_Task to complete_
Some lines below hold "rest". Pick them out and copy them.

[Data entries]
■ ■ ■ ■ ■ ■ ■
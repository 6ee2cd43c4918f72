-- ===== src/Vfs/Calls/Entries.antt =====
-- The calls of kernel/fs/fd.c on the stat, the links and the entries of files.
use pastoral.Base.{
  ℕ, ◌+◌, true, not, ◌&&◌, Option, none, some, List, [], ◌∷◌, length, get_elem?, set, leb, ◌==◌,
  if◌then◌else◌, ◌>>=◌, bit_and,
}
use pastoral.Process.{Reply, ret, fail, minus_one, ebadf, eexist, enoent, enotdir}
use pastoral.Fd.{Stat, is_kind, s_ifdir, s_ififo, s_ifsock, s_ifmt}
use pastoral.Fd.Access.{stat_chmod}
use pastoral.Vfs.{Vfs, stat_of, vfs_search_absolute, s_iflnk}
use pastoral.Vfs.Calls.{
  Caller, tests, is_relative, user_lookup_at, at_fdcwd, at_empty_path, at_symlink_nofollow,
  put_stat,
}

-- The directory that `fd_statat` starts from, for a relative path and a descriptor: a pipe has no node
-- and is no directory.
unfoldable pub stat_dir : ℕ → Caller → Vfs → Option Reply
stat_dir dirfd c v = elim (c.open_node dirfd) [
  | none ↦ some (fail ebadf)
  | some none ↦ some (fail ebadf)
  | some (some i) ↦ (do
    n ← get_elem? v.nodes i
    stat ← stat_of v n
    if is_kind s_ifdir stat then some (ret i) else some (fail ebadf))
]

-- The search of `fd_statat` from a directory, NULL for the root.
unfoldable pub stat_search : ℕ → Option ℕ → List ℕ → ℕ → Vfs → Option Reply
unfolding vfs_search_absolute
stat_search fuel dir path flags v = do
  found ← vfs_search_absolute fuel v dir path (not (tests flags at_symlink_nofollow))
  elim found [ none ↦ some (fail enoent) | some i ↦ some (ret i) ]

-- The node of `fd_statat`, whose stat is copied to the buffer.
unfoldable pub fd_statat : ℕ → ℕ → List ℕ → ℕ → Caller → Vfs → Option Reply
unfolding stat_dir stat_search is_relative
fd_statat fuel dirfd path flags c v =
    if length path == 0 && not (tests flags at_empty_path)
    then some (fail enoent)
    else if tests flags at_empty_path
    then elim (c.open_node dirfd) [
      | none ↦ some (fail ebadf)
      | some none ↦ none
      | some (some i) ↦ some (ret i)
    ]
    else if not (is_relative path)
    then stat_search fuel (some v.vfs_root) path flags v
    else if dirfd == at_fdcwd
    then stat_search fuel c.cwd path flags v
    else (do
      reply ← stat_dir dirfd c v
      elim reply [
        | ret dir ↦ stat_search fuel (some dir) path flags v
        | fail e ↦ some (fail e)
        | minus_one ↦ some minus_one
      ])

-- The node that `syscall_symlinkat` makes a link of; NULL is the inner `none`.
unfoldable pub link_node : ℕ → ℕ → List ℕ → Caller → Vfs → Option (Option (Option ℕ))
unfolding vfs_search_absolute is_relative
link_node fuel dirfd path c v =
    if not (is_relative path)
    then (do i ← vfs_search_absolute fuel v none path true; some (some i))
    else if dirfd == at_fdcwd
    then (do i ← vfs_search_absolute fuel v c.cwd path true; some (some i))
    else elim (c.open_node dirfd) [ none ↦ some none | some i ↦ some (some i) ]

-- `syscall_symlinkat`: it makes no node, and does not change the mode of the one that it finds. A node
-- has a link if its string is not empty.
unfoldable pub symlinkat : ℕ → List ℕ → ℕ → List ℕ → Caller → Vfs → Option (Reply × Vfs)
unfolding link_node
symlinkat fuel target dirfd path c v = do
  found ← link_node fuel dirfd path c v
  elim found [
    | none ↦ some (fail ebadf, v)
    | some none ↦ none
    | some (some i) ↦ (do
      n ← get_elem? v.nodes i
      if not (length n.symlink == 0)
          then some (fail eexist, v)
          else some (ret 0, record v { nodes = set v.nodes i (record n { symlink = target }) }))
  ]

-- `syscall_fchmodat`, whose flags are the access that is asked for. Where the lookup fails, the node
-- is a variable without a value.
unfoldable pub fchmodat : ℕ → ℕ → List ℕ → ℕ → ℕ → Caller → Vfs → Option (Reply × Vfs)
unfolding user_lookup_at put_stat stat_chmod
fchmodat fuel fd path mode flags c v = do
  reply ← user_lookup_at fuel fd path 0 flags c v
  elim reply [
    | fail e ↦ none
    | minus_one ↦ none
    | ret i ↦ (do
      n ← get_elem? v.nodes i
      stat ← stat_of v n
      v' ← put_stat i (λ s. (stat_chmod mode c.creds s).1) v
      some ((stat_chmod mode c.creds stat).0, v'))
  ]

-- `struct dirent`: the name and `d_type`.
pub record Dirent : Type 0 where
  pub d_name : List ℕ
  pub d_type : ℕ

-- `d_type` by the kind of a file.
unfoldable pub dirent_type : Stat → ℕ
dirent_type s =
    let kind = bit_and s.st_mode s_ifmt in
    if kind == 0x2000
    then 2
    else if kind == 0x6000
    then 6
    else if kind == s_ifdir
    then 4
    else if kind == s_iflnk
    then 10
    else if kind == s_ififo
    then 1
    else if kind == 0x8000
    then 8
    else if kind == s_ifsock
    then 12
    else 0

-- `fd_generate_dirent` for a directory, for each of the children.
unfoldable pub dirents : List ℕ → Vfs → Option (List Dirent)
unfolding dirent_type
dirents [] v = some []
dirents (i ∷ children) v = do
  n ← get_elem? v.nodes i
  stat ← stat_of v n
  rest ← dirents children v
  some (record { d_name = n.name; d_type = dirent_type stat } ∷ rest)

-- The entries that a file handle keeps, and the next one.
pub record DirentList : Type 0 where
  pub entries : List Dirent
  pub current_dirent : ℕ

-- `syscall_readdir` on the directory `i` of a file handle: the entry, or the code of the error, where
-- 0 is the end.
unfoldable pub readdir : ℕ → DirentList → Vfs → Option ((Option Dirent) × Reply × DirentList)
unfolding dirents
readdir i l v = do
  n ← get_elem? v.nodes i
  stat ← stat_of v n
  if not (is_kind s_ifdir stat) then some (none, fail enotdir, l) else (do
    let stale =
        leb l.current_dirent (length n.children) && not (length n.children == length l.entries)
    let kept : DirentList = if stale then record { entries = []; current_dirent = 0 } else l
    entries ← if length kept.entries == 0 then dirents n.children v else some kept.entries
    let filled : DirentList = record kept { entries = entries }
    elim (get_elem? filled.entries filled.current_dirent) [
      | none ↦ some (none, minus_one, filled)
      | some entry ↦
          some (some entry, ret 0, record filled { current_dirent = filled.current_dirent + 1 })
    ])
■ ■ ■ ■ ■ ■ ■
_Written solution_
  rest ← dirents children v
  some (record { d_name = n.name; d_type = dirent_type stat } ∷ rest)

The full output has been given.